Voruciclib hydrochloride is an orally active and selective inhibitor of CDK (Ki: 0.626 nM-9.1 nM).

CDK1-CyclinA:9.1 nM (ki), CDK6-CyclinD1:2.92 nM (ki), CDK9-CyclinT2:0.626 nM (ki), CDK1-CyclinB:5.4 nM (ki), CDK4-CyclinD1:3.96 nM (ki), CDK9-CyclinT1:1.68 nM (ki)
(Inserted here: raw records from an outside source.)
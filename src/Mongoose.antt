-- ===== src/Mongoose.antt =====
-- src/mongoose/connContext.cc, src/mongoose/server.cc: the binding to the mongoose web server. What
-- mongoose hands over, an http_message and the number of an event, is a record and a data type;
-- mg_send is the output of the response's writer, mg_serve_http is reported.
pub mod Received
pub mod Events
pub mod Sockets
use rikitiki.Base.{
  ℕ, zero, suc, Bool, true, false, not, List, [], ◌∷◌, Option, none, some, if◌then◌else◌, Bytes,
  c_str, length, ltb,
}
use rikitiki.Context.{Returned, ok, err, clean_context}
use rikitiki.Context.Serve.{new_context}
use rikitiki.Dispatch.{Context, Handler, server_handle}
use rikitiki.Http.Header.{Utf, HeaderCollection, add}
use rikitiki.Http.Header.Query.{QueryStringCollection, from_query_string}
use rikitiki.Http.Outgoing.{Writer, set_status}
use rikitiki.Http.RequestMethod.{RequestMethod, from_string}

-- http_message: each mg_str as its bytes. The 40 places for headers are a list, whose end stands
-- for the places of length 0 behind it.
pub record HttpMessage : Type 0 where
  pub method : Bytes
  pub uri : Bytes
  pub query_string : Bytes
  pub headers : List (Bytes × Bytes)
  pub body : Bytes

-- MongooseRequest; nothing fills its cookies.
pub record MongooseRequest : Type 0 where
  pub uri : Bytes
  pub qs : QueryStringCollection
  pub headers : HeaderCollection
  pub body : Bytes
  pub post : QueryStringCollection
  pub message : HttpMessage

-- The loop over the headers.
unfoldable pub read_headers : ℕ → List (Bytes × Bytes) → HeaderCollection → HeaderCollection
unfolding add
read_headers zero hs m = m
read_headers (suc n) [] m = m
read_headers (suc n) (([], value) ∷ hs) m = m
read_headers (suc n) ((c ∷ cs, value) ∷ hs) m = read_headers n hs (add (c ∷ cs) value m)

-- QueryStringCollection::FromQueryString(const std::string&), where there is a text at all.
read_query : Utf → Bytes → QueryStringCollection
unfolding from_query_string
read_query utf [] = []
read_query utf (c ∷ cs) = from_query_string (utf.widen (c_str (c ∷ cs))) []

-- MongooseRequest::MongooseRequest
unfoldable pub new_request : Utf → HttpMessage → MongooseRequest
unfolding read_headers read_query
new_request utf message = record {
  uri = message.uri;
  qs = read_query utf message.query_string;
  headers = read_headers 40 message.headers [];
  body = message.body;
  post = read_query utf message.body;
  message = message;
}

-- MongooseRequest::RequestMethod
unfoldable pub request_method : MongooseRequest → RequestMethod
unfolding from_string
request_method r = from_string (c_str r.message.method)

-- MongooseRequest::SetRequestMethod fails its assertion.
abbrev pub set_request_method : RequestMethod → MongooseRequest → Option MongooseRequest
set_request_method m r = none

pub data Event : Type 0 where
  http_request websocket_handshake : HttpMessage → Event
  other_event : Event

-- What an event leads to: nothing, or what Handle returned, whether mg_serve_http was called then,
-- and how the context ended.
pub data Served : Type 0 where
  ignored : Served
  served : (handled serves_static : Bool) → Returned → Served

-- _handler. The context goes away at the end of its case.
module _ (utf : Utf) (handlers : List (Handler MongooseRequest Writer)) where
  unfoldable pub handle_event : Event → Served
  unfolding new_request server_handle set_status clean_context
  handle_event (http_request hm) =
      let (taken, ctx) = server_handle (λ w. new_request utf hm) set_status handlers new_context in
      served taken (not taken) (clean_context ctx)
  handle_event (websocket_handshake hm) =
      let (taken, ctx) = server_handle (λ w. new_request utf hm) set_status handlers new_context in
      served taken false (clean_context ctx)
  handle_event other_event = ignored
In both ABC and GCB subtypes, Voruciclib hydrochloride (0.5-5 μM; 6 hours) shows targeted downregulation of MCL-1 . Ki values for each target such as CDK9/cyc T2, CDK9/cyc T1, CDK6/cyc D1, CDK4/cyc D1, CDK1/cyc B, and CDK1/cyc A for Voruciclib hydrochloride are 0.626 nM, 1.68 nM, 2.92 nM, 3.96 nM, 5.4 nM, 9.1 nM, respectively.
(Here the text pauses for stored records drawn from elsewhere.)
-- ===== src/Mongoose/Events.antt =====
-- src/mongoose/server.cc: the answer to an event.
use rikitiki.Base.{true, false, List, [], ◌≡◌, refl, sym, ap, ◌∙◌, Bytes, not}
use rikitiki.Context.{ok, clean_context}
use rikitiki.Context.Serve.{new_context, answer, printed, answered-handled, serve, serve-answer}
use rikitiki.Dispatch.{Context, returned, Handler, found, no_handler, get_handler}
use rikitiki.Dispatch.Choice.{server_handle-get_handler, server_handle-no_handler}
use rikitiki.Http.Header.{Utf, Header}
use rikitiki.Http.Outgoing.{Writer, set_status}
use rikitiki.Http.Outgoing.Output.{all_of, response_text}
use rikitiki.Http.Status.{HttpStatus}
use rikitiki.Mongoose.{
  HttpMessage, MongooseRequest, new_request, handle_event, http_request, websocket_handshake,
  served,
}

module _ (utf : Utf) (handlers : List (Handler MongooseRequest Writer)) (hm : HttpMessage) where
  -- An HTTP request for which GetHandler names a handler that marks its context and writes a status,
  -- headers and then texts is answered with the response's whole text, each text up to a NUL, and is
  -- not served as static content.
  pub handle_event-answer :
      (h : Handler MongooseRequest Writer) (s : HttpStatus) (hs : List Header) (ds : List Bytes)
      (ctx : Context Writer)
      → get_handler handlers (new_request utf hm) ≡ found h
      → answer s hs ds new_context ≡ ok ctx
      → h.handle new_context ≡ returned ctx
      → (ctx' : Context Writer) × (handle_event utf handlers (http_request hm)
          ≡ served true false (ok ctx'))
        × (ctx'.state.output ≡ response_text s hs (all_of (printed ds)))
  unfolding handle_event
  handle_event-answer h s hs ds ctx chosen answered handles =
      let (ctx', ends, written) =
        serve-answer handlers (new_request utf hm) h s hs ds ctx chosen answered handles in
      let taken =
        server_handle-get_handler (λ w. new_request utf hm) set_status handlers h new_context ctx
          refl chosen handles (answered-handled s hs ds ctx answered) in
      let closed : clean_context ctx ≡ ok ctx' =
        ap (λ r. clean_context r.1) (sym taken) ∙ unfold serve in ends in
      (
        ctx',
        ap (λ r. served r.0 (not r.0) (clean_context r.1)) taken ∙ ap (served true false) closed,
        written,
      )

  -- A request for which GetHandler names no handler is served as static content, a handshake is not;
  -- in both cases Handle returns false and nothing is written.
  pub handle_event-no_handler :
      get_handler handlers (new_request utf hm) ≡ no_handler
      → (handle_event utf handlers (http_request hm) ≡ served false true (ok new_context))
        × (handle_event utf handlers (websocket_handshake hm) ≡ served false false (ok new_context))
        × (new_context.state.output ≡ [])
  unfolding handle_event clean_context
  handle_event-no_handler none_named =
      let passed =
        server_handle-no_handler (λ w. new_request utf hm) set_status handlers new_context refl
          none_named in
      (
        ap (λ r. served r.0 (not r.0) (clean_context r.1)) passed,
        ap (λ r. served r.0 false (clean_context r.1)) passed,
        refl,
      )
Combination of Venetoclax (10 mpk, 1 mpk, 50 mpk, 25 mpk in U2932, RIVA, SU-DHL-4 and NU-DHL-1, respectively) and Voruciclib hydrochloride (200 mpk; Oral gavage) leads to enhance tumor growth inhibition compared to either drug alone in U2932, RIVA, SU-DHL-4 (six days per week for 4 weeks), and NU-DHL-1 models (five days per week for 3 weeks) of DLBCL.